What lines in the material hold the string "direction"? Return every one of them.

BEGIN

-- ===== src/Strategies/Exits/Trailing.antt =====
-- The trailing stop of `_evaluate_exit` (strategies/runner.py): what it keeps, and when.
use ratatoskr_v.Base.{
  ◌≡◌, inl, inr, refl, ap, ◌∙◌, true, false, Option, none, some, List, [], ◌∷◌, if◌then◌else◌,
  or_else, arith, Bool-cases, Option-cases,
}
use ratatoskr_v.Decimal.{Decimal, is_le, is_lt}
use ratatoskr_v.Decimal.Order.{Le, is_le_refl}
use ratatoskr_v.MarketData.{Bar}
use ratatoskr_v.Portfolio.{PositionSide, long, short}
use ratatoskr_v.Strategies.Conditions.{Values}
use ratatoskr_v.Strategies.Indicators.{last}
use ratatoskr_v.Strategies.Exits.{
  ExitConfig, PositionDict, either, is_beyond, next_extreme, conditions_hold, stop_loss_fires,
  take_profit_fires, trailing_stop_fires, is_enabled, evaluate_late, evaluate_exit_at,
  evaluate_exit,
}

-- no number is beyond itself
is_beyond_irrefl : (side : PositionSide) (close : Decimal) → is_beyond side close close ≡ false
unfolding is_beyond is_lt
is_beyond_irrefl long close = ground (arith)
is_beyond_irrefl short close = ground (arith)

next_extreme-none : (side : PositionSide) (close : Decimal) → next_extreme side close none ≡ none
unfolding next_extreme
next_extreme-none side close = rw (is_beyond_irrefl side close) refl

evaluate_late-none :
    (c : ExitConfig) (p : PositionDict) (close : Decimal) → (evaluate_late c p close none).1 ≡ none
unfolding evaluate_late
evaluate_late-none c p close =
    let kept : (if is_enabled (either c.trailing_stop c.risk_trailing_stop)
          then next_extreme p.side close none
          else none)
        ≡ none =
      ground (arith, next_extreme-none p.side close) in
    elim (Bool-cases
      (trailing_stop_fires (either c.trailing_stop c.risk_trailing_stop) p.side close none)) [
        | inl e ↦ rw (e, evaluate_late) kept
        | inr e ↦ rw (e, evaluate_late) kept
      ]

evaluate_exit_at-none :
    (v : Values) (c : ExitConfig) (bars : List Bar) (p : PositionDict) (close : Decimal)
    → (evaluate_exit_at v c bars p none close).1 ≡ none
unfolding evaluate_exit_at
evaluate_exit_at-none v c bars p close =
    let stop = either c.stop_loss c.risk_stop_loss in
    elim (Bool-cases (conditions_hold v c.exit_conditions bars)) [
      | inl e ↦ rw (e, evaluate_exit_at) refl
      | inr e ↦ elim (Bool-cases (stop_loss_fires stop p close bars)) [
        | inl d ↦ rw (e, d, evaluate_exit_at) refl
        | inr d ↦
            elim (Bool-cases
              (take_profit_fires (either c.take_profit c.risk_take_profit) stop p close bars)) [
                | inl b ↦ rw (e, d, b, evaluate_exit_at) refl
                | inr b ↦ rw (e, d, b, evaluate_exit_at) (evaluate_late-none c p close)
              ]
      ]
    ]

evaluate_exit-none :
    (v : Values) (c : ExitConfig) (bars : List Bar) (p : PositionDict)
    → (evaluate_exit v c bars p none).1 ≡ none
unfolding evaluate_exit
evaluate_exit-none v c bars p = elim (Option-cases (last bars)) [
  | inl e ↦ rw (e, evaluate_exit) refl
  | inr (b, e) ↦ rw (e, evaluate_exit) (evaluate_exit_at-none v c bars p b.close)
]

-- The extreme price that is kept after a position is evaluated on one list of bars after the other.
abbrev pub extreme_after :
    Values → ExitConfig → PositionDict → Option Decimal → List (List Bar) → Option Decimal
extreme_after v c p stored [] = stored
extreme_after v c p stored (bars ∷ more) =
    extreme_after v c p ((evaluate_exit v c bars p stored).1) more

-- The extreme price of a trailing stop is never kept: a strategy's state that has none for the symbol
-- has none after any sequence of evaluations, whatever the prices do, since the value that is missing
-- counts as the close and only a close beyond it is written.
pub extreme_after-none :
    (v : Values) (c : ExitConfig) (p : PositionDict) (evaluations : List (List Bar))
    → extreme_after v c p none evaluations ≡ none
extreme_after-none v c p [] = refl
extreme_after-none v c p (bars ∷ more) =
    ap (λ o. extreme_after v c p o more) (evaluate_exit-none v c bars p)
    ∙ extreme_after-none v c p more

-- `a` is at least as far as `b` in the direction of the side.
abbrev pub NotBehind : PositionSide → Decimal → Decimal → Type 0
NotBehind long a b = Le b a
NotBehind short a b = Le a b

NotBehind-refl : (side : PositionSide) (a : Decimal) → NotBehind side a a
NotBehind-refl long a = is_le_refl a
NotBehind-refl short a = is_le_refl a

NotBehind-of_beyond :
    (side : PositionSide) (a b : Decimal) → is_beyond side a b ≡ true → NotBehind side a b
unfolding is_beyond is_lt is_le
NotBehind-of_beyond long a b h = ground (arith)
NotBehind-of_beyond short a b h = ground (arith)

NotBehind-of_not_beyond :
    (side : PositionSide) (a b : Decimal) → is_beyond side a b ≡ false → NotBehind side b a
unfolding is_beyond is_lt is_le
NotBehind-of_not_beyond long a b h = ground (arith)
NotBehind-of_not_beyond short a b h = ground (arith)

-- A trailing stop only tightens: an extreme price that is kept moves to one that is not behind it and
-- not behind the close, in the direction of the position.
next_extreme-NotBehind :
    (side : PositionSide) (close stored : Decimal)
    → let next = or_else (next_extreme side close (some stored)) close in
      NotBehind side next stored × NotBehind side next close
unfolding next_extreme
next_extreme-NotBehind side close stored = elim (Bool-cases (is_beyond side close stored)) [
  | inl e ↦
      rw (e, next_extreme) (NotBehind-of_beyond side close stored e, NotBehind-refl side close)
  | inr e ↦
      rw (e, next_extreme) (NotBehind-refl side stored, NotBehind-of_not_beyond side close stored e)
]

END

_RESULT OF THIS TASK_.
-- `a` is at least as far as `b` in the direction of the side.
-- not behind the close, in the direction of the position.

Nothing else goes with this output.